I am having troubles understanding how the query plan caching works for pl/pgsql.
I want to built all-in-one queries with JOIN
s and IF
s, s
Plans for static queries (without EXECUTE
) are always cached, plans for dynamic queries (with EXECUTE
) cannot be cached.
In your case, it would be impossible to use a static query anyway, because, as you quote, that would mean that you can only use a fixed set of tables in your query.
I gather that you are confused by the discussion of the trade-offs between static and dynamic queries in the documentation.
Definition: query parameters are values that are not part of the query string, like $1
or a PL/pgSQL variable name in a static query.
For a static query, the procedure is as follows:
For the first 5 executions, it will be planned using the actual parameter values (“custom plan”), and if the estimated execution time is not significantly shorter than that of a plan that ignores the actual parameter values (“generic plan”), the generic plan will be used from the sixth execution on.
Since the generic plan is cached, that means that there is no planning cost from the sixth execution on.
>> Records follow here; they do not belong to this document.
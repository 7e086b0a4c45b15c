-- ===== src/Base/Text.antt =====
-- What the program uses of Go's `strings`, `strconv.Itoa` and `fmt`, over texts of code points.
use Prim.Native.Nat.{ℕ, zero, suc, ◌+◌, ◌-◌, ◌*◌, ◌/◌, ◌%◌, ◌^◌}
use Prim.Native.Char.{Char, code}
use Prim.Native.String.{String, ◌++◌ as ◌<>◌}
use mathlib.Core.Path.{◌≡◌, refl}
use mathlib.Core.Bool.{Bool, true, false, ◌&&◌, ◌||◌}
use mathlib.Core.List.{List, [], ◌∷◌}
use text.Mathlib.Text.{starts_with, ◌==◌ as ◌==ₛ◌}
use vmkit_agent.Base.Tests.{ltb, leb, ◌==◌, if◌then◌else◌}

-- `unicode.IsSpace`
abbrev pub is_space : ℕ → Bool
is_space c =
    (leb 9 c && leb c 13)
    || c == 32
    || c == 0x85
    || c == 0xa0
    || c == 0x1680
    || (leb 0x2000 c && leb c 0x200a)
    || c == 0x2028
    || c == 0x2029
    || c == 0x202f
    || c == 0x205f
    || c == 0x3000

abbrev pub is_empty : String → Bool
is_empty String.[] = true
is_empty (String.◌∷◌ c s) = false

unfoldable pub trim_left : String → String
trim_left String.[] = ""
trim_left (String.◌∷◌ c s) = if is_space (code c) then trim_left s else String.◌∷◌ c s

unfoldable pub trim_right : String → String
trim_right String.[] = ""
trim_right (String.◌∷◌ c s) =
    let rest = trim_right s in if is_space (code c) && is_empty rest then "" else String.◌∷◌ c rest

-- `strings.TrimSpace`
unfoldable pub trim_space : String → String
unfolding trim_left trim_right
trim_space s = trim_right (trim_left s)

-- `strings.Contains`
unfoldable pub contains : String → String → Bool
contains String.[] sub = starts_with "" sub
contains (String.◌∷◌ c s) sub = starts_with (String.◌∷◌ c s) sub || contains s sub

-- `strings.TrimSuffix`
unfoldable pub trim_suffix : String → String → String
trim_suffix String.[] suffix = ""
trim_suffix (String.◌∷◌ c s) suffix =
    let rest = trim_suffix s suffix in if String.◌∷◌ c s ==ₛ suffix then "" else String.◌∷◌ c rest

abbrev pub drop_prefix : String → String → String
drop_prefix s String.[] = s
drop_prefix String.[] (String.◌∷◌ d p) = ""
drop_prefix (String.◌∷◌ c s) (String.◌∷◌ d p) = drop_prefix s p

-- `strings.Replace` of the first occurrence of a text that is not empty
unfoldable pub replace_first : String → String → String → String
replace_first String.[] old new = ""
replace_first (String.◌∷◌ c s) old new =
    let rest = replace_first s old new in
    if starts_with (String.◌∷◌ c s) old
    then new <> drop_prefix (String.◌∷◌ c s) old
    else String.◌∷◌ c rest

replaced_once : replace_first "abcbc" "bc" "x" ≡ "axbc"
unfolding replace_first
replaced_once = refl

-- `strings.Join`
unfoldable pub join : String → List String → String
join sep [] = ""
join sep (x ∷ []) = x
join sep (x ∷ y ∷ rest) = x <> sep <> join sep (y ∷ rest)

abbrev pub on_head : Char → List String → List String
on_head c [] = String.◌∷◌ c "" ∷ []
on_head c (line ∷ rest) = String.◌∷◌ c line ∷ rest

-- `strings.Split` at one character; the result is never empty.
unfoldable pub split_at : ℕ → String → List String
split_at sep String.[] = "" ∷ []
split_at sep (String.◌∷◌ c s) =
    let rest = split_at sep s in if code c == sep then "" ∷ rest else on_head c rest

-- `strings.Fields`
unfoldable pub fields : String → List String
fields String.[] = []
fields (String.◌∷◌ c String.[]) = if is_space (code c) then [] else String.◌∷◌ c "" ∷ []
fields (String.◌∷◌ c (String.◌∷◌ d s)) =
    let rest = fields (String.◌∷◌ d s) in
    if is_space (code c)
    then rest
    else if is_space (code d)
    then String.◌∷◌ c "" ∷ rest
    else on_head c rest

-- `fmt.Sscanf` with "%d" into a `uint64` that was 0, on a text without leading spaces: the digits
-- that it starts with, and still 0 where there are none or their number is too large
read_digits : ℕ → String → ℕ
read_digits acc String.[] = acc
read_digits acc (String.◌∷◌ c s) =
    let rest = read_digits (acc * 10 + (code c - 48)) s in
    if leb 48 (code c) && leb (code c) 57 then rest else acc

unfoldable pub scan_uint : String → ℕ
unfolding read_digits
scan_uint s = let n = read_digits 0 s in if ltb n (2 ^ 64) then n else 0

abbrev pub digit : ℕ → String
digit n =
    if n == 0
    then "0"
    else if n == 1
    then "1"
    else if n == 2
    then "2"
    else if n == 3
    then "3"
    else if n == 4
    then "4"
    else if n == 5
    then "5"
    else if n == 6
    then "6"
    else if n == 7
    then "7"
    else if n == 8
    then "8"
    else "9"

-- The fuel bounds the number of digits; `itoa` gives more than there are.
decimal : ℕ → ℕ → String
decimal zero n = digit n
decimal (suc fuel) n =
    let more = decimal fuel (n / 10) in if ltb n 10 then digit n else more <> digit (n % 10)

-- `strconv.Itoa` of a number that is not negative
unfoldable pub itoa : ℕ → String
unfolding decimal
itoa n = decimal n n

-- The number of bytes of a text in UTF-8
abbrev byte_width : ℕ → ℕ
byte_width c = if ltb c 0x80 then 1 else if ltb c 0x800 then 2 else if ltb c 0x10000 then 3 else 4

unfoldable pub byte_count : String → ℕ
byte_count String.[] = 0
byte_count (String.◌∷◌ c s) = byte_width (code c) + byte_count s

bytes_counted : byte_count "aé€" ≡ 6
unfolding byte_count
bytes_counted = refl

itoa_port : itoa 15432 ≡ "15432"
unfolding itoa
itoa_port = refl

trim_both : trim_space " \ta b \n" ≡ "a b"
unfolding trim_space
trim_both = refl

split_lines : split_at b'\n' "a\n\nb" ≡ "a" ∷ "" ∷ "b" ∷ []
unfolding split_at
split_lines = refl

trim_v6 : trim_suffix "fe80::1 (v6)" "(v6)" ≡ "fe80::1 "
unfolding trim_suffix
trim_v6 = refl

df_line :
    fields " /dev/sda1  100 20\t80 20% / " ≡ "/dev/sda1" ∷ "100" ∷ "20" ∷ "80" ∷ "20%" ∷ "/" ∷ []
unfolding fields
df_line = refl

free_bytes : scan_uint "5368709120x" ≡ 5368709120
unfolding scan_uint
free_bytes = refl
Dynamic queries are planned every time they are executed.
The trade-off is the following: dynamic queries run up planning cost whenever they are executed, but since they are always planned with the actual parameter values, they end up with a better execution plan, which can save time during query execution.
Now if a query is sensitive to parameter values, that means that the optimal plan will vary significantly with the parameter values, so you will usually win if you plan the query every time.
Queries without parameters will always profit from plan caching, unless the table contents change a lot during the lifetime of a single session, so that the cached plan becomes suboptimal.